For hundreds of years prior to 1857, the Yumas and the Maricopas were enemies. On many occasions the two tribes would gather their warriors together at the peak of Berdache Mountain. There the two sides would shout insults at each other before fighting a battle. Chief Francisco of the Yuma led the combined army which numbered at least 300 men and they arrived near Secate on August 31, 1857. Francisco began his attack the following morning and captured the Maricopa village and began burning the structures. The Yumas and their allies had just walked 160 miles over the course of eight days so Francisco's men were tired and hungry.
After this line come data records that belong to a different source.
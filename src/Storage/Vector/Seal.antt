-- ===== src/Storage/Vector/Seal.antt =====
-- `seal` sorts, and refuses items that stand twice.
use negentropy.Prelude.{
  ◌≡◌, refl, Bool, true, false, List, [], ◌∷◌, arith, Bool-cases, inl, inr, ◌⊎◌,
}
use negentropy.Prelude.Results.{ok, err, Error}
use negentropy.Types.{Item, item_lt, item_eq}
use negentropy.Types.Order.{item_lt_trans, item_lt-total, item_lt_irrefl, item_eq_iff, item_lt-asym}
use negentropy.Storage.{IsAscending}
use negentropy.Storage.Vector.{Vector, insert_sorted, sort, has_duplicate, seal}
use mathlib.Core.List.{Mem, Perm, Nodup, Nodup-cons, Nodup-nil, mem-cons, not-mem-nil}
use mathlib.Core.List.Perm
use mathlib.Core.Logic.Or

-- sorted, where items may stand twice
abbrev NotAbove : Item → List Item → Type 0
NotAbove a [] = Unit
NotAbove a (b ∷ bs) = item_lt b a ≡ false

abbrev IsSorted : List Item → Type 0
IsSorted [] = Unit
IsSorted (a ∷ as') = NotAbove a as' × IsSorted as'

insert_sorted-NotAbove :
    (a b : Item) (bs : List Item)
    → item_lt a b ≡ false
    → NotAbove b bs
    → NotAbove b (insert_sorted a bs)
unfolding insert_sorted
insert_sorted-NotAbove a b [] h k = h
insert_sorted-NotAbove a b (c ∷ cs) h k = ground arith

insert_sorted-IsSorted : (a : Item) (bs : List Item) → IsSorted bs → IsSorted (insert_sorted a bs)
unfolding insert_sorted
insert_sorted-IsSorted a [] h = (tt, tt)
insert_sorted-IsSorted a (b ∷ bs) h = elim (Bool-cases (item_lt b a)) [
  | inl above ↦
      rw above (
        insert_sorted-NotAbove a b bs (item_lt-asym b a above) h.0,
        insert_sorted-IsSorted a bs h.1,
      )
  | inr first ↦ rw first (first, h)
]

sort-IsSorted : (xs : List Item) → IsSorted (sort xs)
unfolding sort
sort-IsSorted [] = tt
sort-IsSorted (x ∷ xs) = insert_sorted-IsSorted x (sort xs) (sort-IsSorted xs)

pub insert_sorted-perm : (a : Item) (bs : List Item) → Perm (insert_sorted a bs) (a ∷ bs)
unfolding insert_sorted
insert_sorted-perm a [] = Perm.refl (a ∷ [])
insert_sorted-perm a (b ∷ bs) = elim (Bool-cases (item_lt b a)) [
  | inl above ↦ rw above (Perm.trans (Perm.cons b (insert_sorted-perm a bs)) (Perm.swap a b bs))
  | inr first ↦ rw first (Perm.refl (a ∷ b ∷ bs))
]

sort-perm : (xs : List Item) → Perm (sort xs) xs
unfolding sort
sort-perm [] = Perm.refl []
sort-perm (x ∷ xs) = Perm.trans (insert_sorted-perm x (sort xs)) (Perm.cons x (sort-perm xs))

no_duplicate-IsAscending :
    (xs : List Item) → IsSorted xs → has_duplicate xs ≡ false → IsAscending xs
unfolding has_duplicate
no_duplicate-IsAscending [] h e = tt
no_duplicate-IsAscending (a ∷ []) h e = (tt, tt)
no_duplicate-IsAscending (a ∷ b ∷ rest) h e = (
  ground (arith, item_lt-total a b, item_eq_iff a b),
  no_duplicate-IsAscending (b ∷ rest) h.1 (ground arith),
)

Bool-set : IsSet Bool
Bool-set = hlevel

IsAscending-lt :
    (a : Item) (xs : List Item) (b : Item) → IsAscending (a ∷ xs) → Mem b xs → item_lt a b ≡ true
IsAscending-lt a [] b h m = absurd (not-mem-nil m)
IsAscending-lt a (x ∷ xs) b h m =
    Or.elim (Bool-set _ _) (mem-cons.0 m) (λ e. rw e h.0)
      (λ t. item_lt_trans a x b h.0 (IsAscending-lt x xs b h.1 t))

pub IsAscending-Nodup : (xs : List Item) → IsAscending xs → Nodup xs
IsAscending-Nodup [] h = Nodup-nil
IsAscending-Nodup (a ∷ xs) h =
    Nodup-cons.1 ((λ m. cc (IsAscending-lt a xs a h m, item_lt_irrefl a)), IsAscending-Nodup xs h.1)

duplicate-not_Nodup : (xs : List Item) → has_duplicate xs ≡ true → ¬ Nodup xs
unfolding has_duplicate
duplicate-not_Nodup [] e n = cc
duplicate-not_Nodup (a ∷ []) e n = cc
duplicate-not_Nodup (a ∷ b ∷ rest) e n = elim (Bool-cases (item_eq a b)) [
  | inl same ↦ (Nodup-cons.0 n).0 (mem-cons.1 (Or.inl ((item_eq_iff a b).0 same)))
  | inr other ↦ duplicate-not_Nodup (b ∷ rest) (ground arith) (Nodup-cons.0 n).1
]

-- `seal` on a vector that is not sealed keeps the items, whatever their order, and marks the vector
-- sealed. If no item stands twice it returns and leaves strictly ascending items; else it throws
-- "duplicate item inserted".
pub seal_sorts :
    (v : Vector)
    → v.is_sealed ≡ false
    → Perm (seal v).0.items v.items
      × ((seal v).0.is_sealed ≡ true)
      × ((((seal v).1 ≡ ok tt) × Nodup v.items × IsAscending (seal v).0.items)
          ⊎ (((seal v).1 ≡ err Error.duplicate_item) × (¬ Nodup v.items)))
unfolding seal
seal_sorts v h = rw h (
  sort-perm v.items,
  refl,
  (elim (Bool-cases (has_duplicate (sort v.items))) [
    | inl twice ↦ inr (
      rw twice,
      (λ n.
          duplicate-not_Nodup (sort v.items) twice (Perm.nodup (Perm.symm (sort-perm v.items)) n)),
    )
    | inr once ↦
        let ascending = no_duplicate-IsAscending (sort v.items) (sort-IsSorted v.items) once in
        inl (
          rw once,
          Perm.nodup (sort-perm v.items) (IsAscending-Nodup (sort v.items) ascending),
          ascending,
        )
  ]),
)

-- the items of a vector that `seal` accepts
pub seal_ok-IsAscending :
    (v : Vector) → v.is_sealed ≡ false → (seal v).1 ≡ ok tt → IsAscending (seal v).0.items
seal_ok-IsAscending v h passed = elim ((seal_sorts v h).2) [
  | inl (_, _, ascending) ↦ ascending
  | inr (thrown, _) ↦ cc
]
As a result, the Yumas and their allies made the deadly mistake of remaining in the burning village to rest and eat the captured Maricopa food.

When Francisco's army attacked, the surviving women and children fled for protection to Pima Butte, which was just to the south of the village. The warriors gathered as well and sent a distress call to the nearby Pima villages. The Pima sent all of their warriors in the area and a counterattack was then launched. But before the Maricopa and Pima arrived, all of the Apaches, Yavapais and most of the Mohaves fled, leaving the remaining Yumas and Mohaves outnumbered. The Maricopa and Pima forces, some mounted on horses, surrounded the attackers before annihilating them. Most of the Yumas and Mohaves were killed, including Chief Francisco. On or about September 11, traveler John B. Hilton visited the battlefield and later wrote that he observed ninety bodies in one spot, lying on the ground in every kind of position.

The San Diego Herald mistakenly reported on September 12 that the battle was a three-sided engagement between the Pima, Yuma and the Maricopa all against each other. At the same time the Daily Alta California reported that the battle was

....seldom equaled in Indian warfare. It is reported that 150 to 160 allied Indians, being nearly of quite the entire party, were left dead in the field.

The allies referred to the Yuma who after the Yuma War became good neighbors with the Americans on the California side of the Colorado River. In a later article, the San Diego Herald stated the following;

....from all accounts it would appear that this battle, in which the Maricopas and their allies the Pima so bravely defended their homes, destroying nearly the whole force which came into battle against them, is the largest Indian fight in this region for years.